Let us not forget the concerns generated by similar case-controlled analyses, which demonized CCBs at the turn of this century [10-12]. According to these analyses/reviews, calcium channel blockers were reported to be less effective at preventing myocardial infarction, and increase the risk of gastrointestinal bleeding and cancer! Subsequent large-scale randomized clinical outcome trials firmly debunked these concerns [7,13,14]. So comprehensive was the turn-around that the NICE/BHS review of the most recent data identified calcium channel blockers as the most cost-effective treatment option for hypertension [9].

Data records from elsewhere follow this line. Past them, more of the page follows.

-- ===== src/Runtime/Invokes.antt =====
-- Which Lambda functions a turn calls.
use agent_builder_factory_ap.Base.{
  String, ◌≡◌, refl, subst, Bool, true, false, Option, none, some, List, [], ◌∷◌, Memᴰ, Result, ok,
  err, pure, continue, ◌>>=◌, ◌>>◌, if◌then◌else◌, ◌⊎◌, inl, inr, ap, string_key,
}
use agent_builder_factory_ap.Tools.Policy.{ToolError, Invocation}
use agent_builder_factory_ap.Tools.Executor.{ToolCall, ToolResult, execute}
use agent_builder_factory_ap.Tools.Permitted.{Justified, only_permitted_tools_run}
use agent_builder_factory_ap.Approval.Review.{World, Step}
use agent_builder_factory_ap.Approval.Resume.{request_approval}
use agent_builder_factory_ap.Runtime.Guardrail.{Source, GuardrailResult, check}
use agent_builder_factory_ap.Runtime.Prompt.{Message, create_review}
use agent_builder_factory_ap.Runtime.Rag.{retrieve}
use agent_builder_factory_ap.Runtime.State.{
  Agent, LlmResult, Outside, RunError, ChatRequest, RuntimeTables, Process, returned, in_guardrail,
  in_rag, in_reviews, review_table, attempt, audit, load_memory, save_memory, complete, record_cost,
}
use agent_builder_factory_ap.Runtime.Orchestrator.{
  Response, Turn, add_tokens, or_message, result_of, turn_of, finalize, request_tool_approval,
  answer_tools, after_tools, run_tools, after_reply, ask_model, pause_or_ask, run_checked, run,
}
use agent_builder_factory_ap.Runtime.Calls.{
  invoked, Calls, CallsFrom, Calls-pure, Calls-raise, Calls-same, Calls-bind, Calls-audit,
  CallsFrom-Calls, CallsFrom-bind, calls_rules,
}

-- The invocation is that of a tool call in the model's reply to a prompt that follows the earlier
-- ones, and it is justified without an approval.
pub record ClearedCall (o : Outside) (a : Agent) (earlier : List (List Message)) (i : Invocation)
    : Type 0 where
  pub prompt : List Message
  pub reply : LlmResult
  pub replied : o.complete earlier prompt ≡ ok reply
  pub justified : Justified a.toolbox none reply.tool_calls i

module _ ⦃t : RuntimeTables⦄ where
  module _ (J : Invocation → Type 0) (o : Outside) (a : Agent) where
    Calls-check :
        (policy : Option String) (source : Source) (text : String)
        → Calls J (in_guardrail (check o.guardrail a.tenant_id policy source text))
    unfolding in_guardrail
    Calls-check policy source text = Calls-same J _ (λ p. refl)

    Calls-save :
        (session_id : String) (user_id : Option String) (message response : String)
        → Calls J (save_memory o a session_id user_id message response)
    unfolding save_memory
    Calls-save session_id user_id message response = Calls-same J _ (λ p. refl)

    Calls-complete : (messages : List Message) → Calls J (complete o a messages)
    unfolding complete
    Calls-complete messages = Calls-same J _ (λ p. refl)

    Calls-cost : (r : LlmResult) → Calls J (record_cost o a r)
    unfolding record_cost
    Calls-cost r = Calls-same J _ (λ p. refl)

    Calls-finalize : (u : Turn) (text : String) → Calls J (finalize o a u text)
    unfolding finalize
    Calls-finalize u text = search (calls_rules, Calls-check, Calls-save) depth 12

    Calls-reviews :
        {A : Type 0} (m : Step A)
        → ((w : World) → (m w).1.effects ≡ w.effects)
        → Calls J (in_reviews m)
    unfolding in_reviews
    Calls-reviews m e = Calls-same J (in_reviews m) (λ p. ap (λ f. f.invocations) (e p.world))

    Calls-request :
        (u : Turn) (tool_id : String) (calls : List ToolCall)
        → Calls J (request_tool_approval o a u tool_id calls)
    unfolding request_tool_approval request_approval
    Calls-request u tool_id calls =
        Calls-bind J _ _ (Calls-reviews _ (λ w. refl)) (λ r. Calls-pure J _)

    Calls-answer :
        (u : Turn) (messages : List Message) (r : LlmResult) (results : List ToolResult)
        → Calls J (answer_tools o a u messages r results)
    Calls-answer u messages r results =
        search (calls_rules, Calls-complete, Calls-cost, Calls-finalize) depth 12

    Calls-after_tools :
        (u : Turn) (messages : List Message) (r : LlmResult)
        (x : Result ToolError (List ToolResult))
        → Calls J (after_tools o a u messages r x)
    Calls-after_tools u messages r (ok results) = Calls-answer u messages r results
    Calls-after_tools u messages r (err (ToolError.approval_required tool_id)) =
        Calls-request u tool_id r.tool_calls
    Calls-after_tools u messages r (err (ToolError.denied tool_id reason)) = Calls-raise J _
    Calls-after_tools u messages r (err (ToolError.invalid_risk risk)) = Calls-raise J _
    Calls-after_tools u messages r (err (ToolError.lambda_error e)) = Calls-raise J _

    module _ (earlier : List (List Message))
        (justified : (i : Invocation) → ClearedCall o a earlier i → J i) where
      Calls-execute :
          (prompt : List Message) (r : LlmResult)
          → o.complete earlier prompt ≡ ok r
          → Calls J (attempt (execute o.tools a.toolbox none r.tool_calls))
      unfolding attempt
      Calls-execute prompt r e = record {
        at = λ p h i m.
            elim (only_permitted_tools_run o.tools a.toolbox none r.tool_calls p.world.effects i
              m) [
                | inl k ↦ h i k
                | inr j ↦
                    justified i (record { prompt = prompt; reply = r; replied = e; justified = j })
              ];
      }

      Calls-run_tools :
          (prompt : List Message) (r : LlmResult) (u : Turn)
          → o.complete earlier prompt ≡ ok r
          → Calls J (run_tools o a u prompt r)
      Calls-run_tools prompt r u e =
          Calls-bind J _ _ (Calls-execute prompt r e) (λ x. Calls-after_tools u prompt r x)

      Calls-reply :
          (prompt : List Message) (r : LlmResult) (u : Turn)
          → o.complete earlier prompt ≡ ok r
          → Calls J (after_reply o a u prompt r)
      Calls-reply prompt r u e =
          let rest = Calls-run_tools prompt r u e in
          elim r.tool_calls
            as (λ cs.
              Calls J
                (elim cs [ [] ↦ finalize o a u r.content | c ∷ ds ↦ run_tools o a u prompt r ])) [
                  | [] ↦ Calls-finalize u r.content
                  | c ∷ cs ↦ rest
                ]

      -- the rest of a turn from a reply on
      Calls-replied :
          (prompt : List Message) (x : Result RunError LlmResult) (u : Turn)
          → ((r : LlmResult) → x ≡ ok r → o.complete earlier prompt ≡ ok r)
          → (p : Process) → ((i : Invocation) → Memᴰ i (invoked p) → J i)
          → (i : Invocation)
          → Memᴰ i (
              invoked
                (continue x
                  (λ r.
                    record_cost o a r
                    >> after_reply o a (record u { tokens = add_tokens u.tokens r }) prompt r)
                  p).1)
          → J i
      Calls-replied prompt (ok r) u k p h =
          (Calls-bind J _ _ (Calls-cost r) (λ c. Calls-reply prompt r _ (k r refl))).at p h
      Calls-replied prompt (err x) u k p h = h

      CallsFrom-ask :
          (u : Turn) (messages : List Message) → CallsFrom J earlier (ask_model o a u messages)
      unfolding ask_model complete ◌>>=◌
      CallsFrom-ask u messages = record {
        at = λ p e h.
            Calls-replied messages _ u
              (λ r f. subst (λ c. o.complete c messages ≡ ok r) e (returned _ r f)) _ h;
      }

      CallsFrom-pause :
          (u : Turn) (messages : List Message) (trigger : Option String)
          → CallsFrom J earlier (pause_or_ask o a u messages trigger)
      unfolding create_review
      CallsFrom-pause u messages none = CallsFrom-ask u messages
      CallsFrom-pause u messages (some trigger) =
          CallsFrom-Calls J earlier _
            (Calls-bind J _ _ (Calls-reviews _ (λ w. refl)) (λ r. Calls-pure J _))

      CallsFrom-checked :
          (q : ChatRequest) (message : String) → CallsFrom J earlier (run_checked o a q message)
      unfolding run_checked load_memory in_rag
      CallsFrom-checked q message =
          CallsFrom-bind J earlier (load_memory a q) _
            (record { invocations = λ p. refl; completions = λ p. refl })
            (λ history.
              CallsFrom-bind J earlier
                (in_rag (retrieve o.rag a.tenant_id a.knowledge_base message)) _
                (record { invocations = λ p. refl; completions = λ p. refl })
                (λ kb. CallsFrom-pause _ _ _))

      CallsFrom-stop :
          (q : ChatRequest) (c : GuardrailResult) (b : Bool)
          → CallsFrom J earlier (
              if b
              then (audit "guardrail.input_blocked" a.agent_id
                  >> pure (result_of o (turn_of q) Response.blocked_response_text))
              else run_checked o a q (or_message c.sanitised_text q.message))
      CallsFrom-stop q c true =
          CallsFrom-Calls J earlier _ (Calls-bind J _ _ (Calls-audit J _ _) (λ u. Calls-pure J _))
      CallsFrom-stop q c false = CallsFrom-checked q _

      CallsFrom-run : (q : ChatRequest) → CallsFrom J earlier (run o a q)
      unfolding run in_guardrail
      CallsFrom-run q =
          CallsFrom-bind J earlier
            (in_guardrail
              (check o.guardrail a.tenant_id a.guardrail_policy_id Source.input q.message))
            _ (record { invocations = λ p. refl; completions = λ p. refl })
            (λ c. CallsFrom-stop q c c.blocked)

  -- Whatever the outcome of a turn, each Lambda invocation that it adds is that of a tool call in the
  -- model's reply to a prompt that comes right after the prompts of the earlier turns; it is for a tool of
  -- the agent, and the call has no id or the agent's policy lists its tool, allows it and rates it
  -- below HIGH.
  pub turn_invokes_cleared_tools :
      (o : Outside) (a : Agent) (q : ChatRequest) (p : Process) (i : Invocation)
      → Memᴰ i (run o a q p).1.world.effects.invocations
      → Memᴰ i p.world.effects.invocations ⊎ ClearedCall o a p.completions i
  turn_invokes_cleared_tools o a q p i =
      let J : Invocation → Type 0 =
        (λ j. Memᴰ j p.world.effects.invocations ⊎ ClearedCall o a p.completions j) in
      (CallsFrom-run J o a p.completions (λ j. inr) q).at p refl (λ j. inl) i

Blackburn et al. [5], referring to their retrospective case-controlled study, conclude; 'the low event rates for all cohorts suggest atenolol has not been associated with a significant burden of cardiovascular morbidity or mortality in its traditional role for uncomplicated hypertension. Further study is needed to identify the specific types of patients that should avoid atenolol as an antihypertensive agent' [5]. This conclusion is contentious for at least two reasons. First, atenolol has never been tested in outcome trials of uncomplicated hypertensive patients and, where it has been tested in hypertensive patients, it was the least cost-effective treatment option [9]. Second, why should we place a burden on practitioners to try and identify patients in whom β-blockers should be avoided when we have a range of more cost-effective and more metabolically friendly treatment options available with which to initiate therapy in all patients? In my view, it was bold and appropriate to relegate β-blockade from its position as a preferred initial therapy option for the routine treatment of hypertension [15]. Many of the myths about the putative benefits of β-blockade for the hypertensive patient (e.g. better primary prevention of myocardial infarction, better prevention of heart failure, better prevention of atrial fibrillation) have been blown away by recent outcome trials [6,7]. Unfortunately, it has been more difficult to remove the physicians' comfort blanket founded on the notion that β-blockade will 'protect and stabilise the heart' in hypertensive patients. The case study of the aforementioned calcium channel blocker debacle illustrates that, although retrospective case-controlled studies can be used to generate debate, they must never be used to generate clinical practice guidelines for the treatment of patients: the randomized clinical trial remains the standard of proof.